- **PROBLEM**
The required answer is a copy of each line in the entries below that includes "DungeonRow".

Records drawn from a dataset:
————

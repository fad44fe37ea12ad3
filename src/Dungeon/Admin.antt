-- ===== src/Dungeon/Admin.antt =====
-- internal/repository/dungeon.go: UpdateDungeon and insertDungeonMonsters.
use magic_jigsaw.Prelude.{
  refl, ℕ, ◌≡◌, ◌⊎◌, inl, inr, Bool, true, ◌&&◌, ◌||◌, not, Option, none, some, List, [], ◌∷◌, ◌++◌,
  String, ℤ, ◌==◌, if◌then◌else◌, arith, Bool-cases, subst, sym,
}
use magic_jigsaw.Db.Table.{select, update, delete, exists, select-delete}
use magic_jigsaw.Db.Schema.{Db, Cell, DungeonRow, MonsterRow, ProgressRow}
use magic_jigsaw.Db.Action.{
  Env, World, Action, Statement, Error, Ending, ok, err, commit, rollback, not_found, pure,
  raise_if, ◌>>=◌, ◌>>◌, Result-cases, execute, transaction, begun, transaction_outcome,
}
use magic_jigsaw.Points.Statements.{fits_int4}
use magic_jigsaw.Dungeon.Layout.Defs.{DungeonMonsterInput}
use magic_jigsaw.Dungeon.Statements.{dungeon_is, image_is, monster_of}

pub record SaveDungeonParams : Type 0 where
  pub title : String
  pub xp_reward : ℤ
  pub active : Bool
  pub start : Cell
  pub treasure : Cell
  pub path : List Cell
  pub monsters : List DungeonMonsterInput
  pub treasure_image_id : ℕ
  pub treasure_grid_cols : ℤ
  pub treasure_grid_rows : ℤ
  pub treasure_play_seconds : ℤ

abbrev pub nullable_uuid : ℕ → Option ℕ
nullable_uuid id = if id == 0 then none else some id

abbrev pub with_layout : SaveDungeonParams → DungeonRow → DungeonRow
with_layout p d = record d {
  title = p.title;
  xp_reward = p.xp_reward;
  start = p.start;
  treasure = p.treasure;
  path = p.path;
  active = p.active;
  treasure_image_id = nullable_uuid p.treasure_image_id;
  treasure_grid_cols = p.treasure_grid_cols;
  treasure_grid_rows = p.treasure_grid_rows;
  treasure_play_seconds = p.treasure_play_seconds;
}

abbrev pub cell_fits : Cell → Bool
cell_fits c = fits_int4 c.row && fits_int4 c.col

abbrev pub layout_fits : SaveDungeonParams → Bool
layout_fits p =
    fits_int4 p.xp_reward
    && (cell_fits p.start
        && (cell_fits p.treasure
            && (fits_int4 p.treasure_grid_cols
                && (fits_int4 p.treasure_grid_rows && fits_int4 p.treasure_play_seconds))))

abbrev pub image_exists : Option ℕ → Db → Bool
image_exists none d = true
image_exists (some id) d = exists (image_is id) d.images

-- UPDATE dungeons SET ... WHERE id = $1: whether a row was affected. The image of an updated row must
-- exist.
unfoldable pub update_dungeon_row : ℕ → SaveDungeonParams → Statement Bool
update_dungeon_row id p d =
    if layout_fits p
      && (not (exists (dungeon_is id) d.dungeons)
          || image_exists (nullable_uuid p.treasure_image_id) d)
    then some (
      exists (dungeon_is id) d.dungeons,
      record d { dungeons = update (dungeon_is id) (with_layout p) d.dungeons },
    )
    else none

-- DELETE FROM dungeon_monsters WHERE dungeon_id = $1
unfoldable pub delete_monsters : ℕ → Statement (Unit {0})
delete_monsters id d =
    some (tt, record d { dungeon_monsters = delete (monster_of id) d.dungeon_monsters })

abbrev pub progress_of : ℕ → ProgressRow → Bool
progress_of id p = p.dungeon_id == id

-- DELETE FROM dungeon_progress WHERE dungeon_id = $1
unfoldable pub delete_progress : ℕ → Statement (Unit {0})
delete_progress id d =
    some (tt, record d { dungeon_progress = delete (progress_of id) d.dungeon_progress })

-- INSERT INTO dungeon_monsters, with the id that the server generates, which no monster may have: the
-- dungeon and the image must exist.
unfoldable pub insert_monster : ℕ → ℕ → DungeonMonsterInput → Statement (Unit {0})
insert_monster id dungeon_id m d =
    if exists (dungeon_is dungeon_id) d.dungeons
      && (exists (image_is m.image_id) d.images
          && (cell_fits m.cell
              && (fits_int4 m.grid_cols
                  && (fits_int4 m.grid_rows
                      && (fits_int4 m.play_seconds
                          && not (exists (λ (x : MonsterRow). x.id == id) d.dungeon_monsters))))))
    then some (
      tt,
      record d {
        dungeon_monsters =
            d.dungeon_monsters
            ++ record {
              id = id;
              dungeon_id = dungeon_id;
              cell = m.cell;
              image_id = m.image_id;
              grid_cols = m.grid_cols;
              grid_rows = m.grid_rows;
              play_seconds = m.play_seconds;
            }
              ∷ [];
      },
    )
    else none

module _ (env : Env) where
  unfoldable pub insert_dungeon_monsters : ℕ → List DungeonMonsterInput → Action (Unit {0})
  unfolding execute
  insert_dungeon_monsters dungeon_id [] = pure tt
  insert_dungeon_monsters dungeon_id (m ∷ ms) =
      (λ w. execute env (insert_monster (env.gen_random_uuid w.clock) dungeon_id m) w) >>= λ _.
      insert_dungeon_monsters dungeon_id ms

  unfoldable pub clear_progress : ℕ → Action (Ending (Unit {0}))
  unfolding execute
  clear_progress id = do _ ← execute env (delete_progress id); pure (commit tt)

  unfoldable pub update_dungeon_transaction : ℕ → SaveDungeonParams → Action (Ending (Unit {0}))
  unfolding execute
  update_dungeon_transaction id p = do
    found ← execute env (update_dungeon_row id p)
    raise_if (not found) not_found
    _ ← execute env (delete_monsters id)
    _ ← insert_dungeon_monsters id p.monsters
    clear_progress id

  unfoldable pub update_dungeon : ℕ → SaveDungeonParams → Action (Unit {0})
  update_dungeon id p = transaction env (update_dungeon_transaction id p)

-- What every run of the rest of a method establishes, the method establishes.
bind_last :
    {A B : Type 0} (m : Action A) (k : A → Action B) (P : Db → Type 0) (b : B) (w : World)
    → ((a : A) (v : World) → (k a v).0 ≡ ok b → P (k a v).1.db)
    → ((m >>= k) w).0 ≡ ok b
    → P ((m >>= k) w).1.db
bind_last m k P b w f h = elim (Result-cases (m w).0) [
  | inl (e, n) ↦ absurd (ground arith)
  | inr (a, n) ↦
      let same : (m >>= k) w ≡ k a (m w).1 = rw (n, ◌>>=◌) refl in
      subst (λ r. P r.1.db) (sym same) (f a (m w).1 (rw (sym same) h))
]

module _ (env : Env) (id : ℕ) (p : SaveDungeonParams) where
  -- No progress in the dungeon is saved.
  abbrev pub Cleared : Db → Type 0
  Cleared d = select (progress_of id) d.dungeon_progress ≡ none

  clear_progress-Cleared :
      (w : World)
      → (clear_progress env id w).0 ≡ ok (commit tt)
      → Cleared (clear_progress env id w).1.db
  unfolding clear_progress execute delete_progress
  clear_progress-Cleared w h = elim (Bool-cases (env.fails w.clock)) [
    | inl f ↦ absurd (ground arith)
    | inr f ↦ ground (arith, select-delete (progress_of id) w.db.dungeon_progress)
  ]

  -- The transaction from its third statement on, and from the insertion of the monsters on.
  abbrev from_monsters : Action (Ending (Unit {0}))
  from_monsters = insert_dungeon_monsters env id p.monsters >>= λ _. clear_progress env id

  abbrev from_delete : Action (Ending (Unit {0}))
  from_delete = execute env (delete_monsters id) >>= λ _. from_monsters

  update_dungeon_transaction-Cleared :
      (w : World)
      → (update_dungeon_transaction env id p w).0 ≡ ok (commit tt)
      → Cleared (update_dungeon_transaction env id p w).1.db
  unfolding update_dungeon_transaction
  update_dungeon_transaction-Cleared w h =
      bind_last (execute env (update_dungeon_row id p))
        (λ found. raise_if (not found) not_found >>= λ _. from_delete) Cleared (commit tt) w
        (λ found w1.
          bind_last (raise_if (not found) not_found) (λ _. from_delete) Cleared (commit tt) w1
            (λ _ w2.
              bind_last (execute env (delete_monsters id)) (λ _. from_monsters) Cleared (commit tt)
                w2
                (λ _ w3.
                  bind_last (insert_dungeon_monsters env id p.monsters) (λ _. clear_progress env id)
                    Cleared (commit tt) w3 (λ _ w4. clear_progress-Cleared w4))))
        h

  clear_progress-rollback : (w : World) → (clear_progress env id w).0 ≡ ok (rollback tt) → ⊥
  unfolding clear_progress execute delete_progress
  clear_progress-rollback w h = ground arith

  update_dungeon_transaction-rollback :
      (w : World) → (update_dungeon_transaction env id p w).0 ≡ ok (rollback tt) → ⊥
  unfolding update_dungeon_transaction
  update_dungeon_transaction-rollback w h =
      bind_last (execute env (update_dungeon_row id p))
        (λ found. raise_if (not found) not_found >>= λ _. from_delete) (λ d. ⊥) (rollback tt) w
        (λ found w1.
          bind_last (raise_if (not found) not_found) (λ _. from_delete) (λ d. ⊥) (rollback tt) w1
            (λ _ w2.
              bind_last (execute env (delete_monsters id)) (λ _. from_monsters) (λ d. ⊥)
                (rollback tt) w2
                (λ _ w3.
                  bind_last (insert_dungeon_monsters env id p.monsters) (λ _. clear_progress env id)
                    (λ d. ⊥) (rollback tt) w3 (λ _ w4. clear_progress-rollback w4))))
        h

  -- However its statements go, UpdateDungeon either changes no table and returns an error, or no saved
  -- progress in the dungeon is left, of any player.
  pub update_dungeon_drops_progress :
      (w : World)
      → let (r, w') = update_dungeon env id p w in
        ((w'.db ≡ w.db) × ((e : Error) × (r ≡ err e))) ⊎ ((r ≡ ok tt) × Cleared w'.db)
  unfolding update_dungeon
  update_dungeon_drops_progress w =
      elim (transaction_outcome env (update_dungeon_transaction env id p) w) [
        | inl a ↦ inl (a.unchanged, (a.error, a.returned))
        | inr (inl r) ↦ absurd (
            update_dungeon_transaction-rollback (begun env (update_dungeon_transaction env id p) w)
              r.ended)
        | inr (inr t) ↦ inr (
          t.returned,
          subst Cleared (sym t.done) (
              update_dungeon_transaction-Cleared (begun env (update_dungeon_transaction env id p) w)
                t.ended),
        )
      ]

————

- **ANSWER FOR THE TASK**
use magic_jigsaw.Db.Schema.{Db, Cell, DungeonRow, MonsterRow, ProgressRow}
abbrev pub with_layout : SaveDungeonParams → DungeonRow → DungeonRow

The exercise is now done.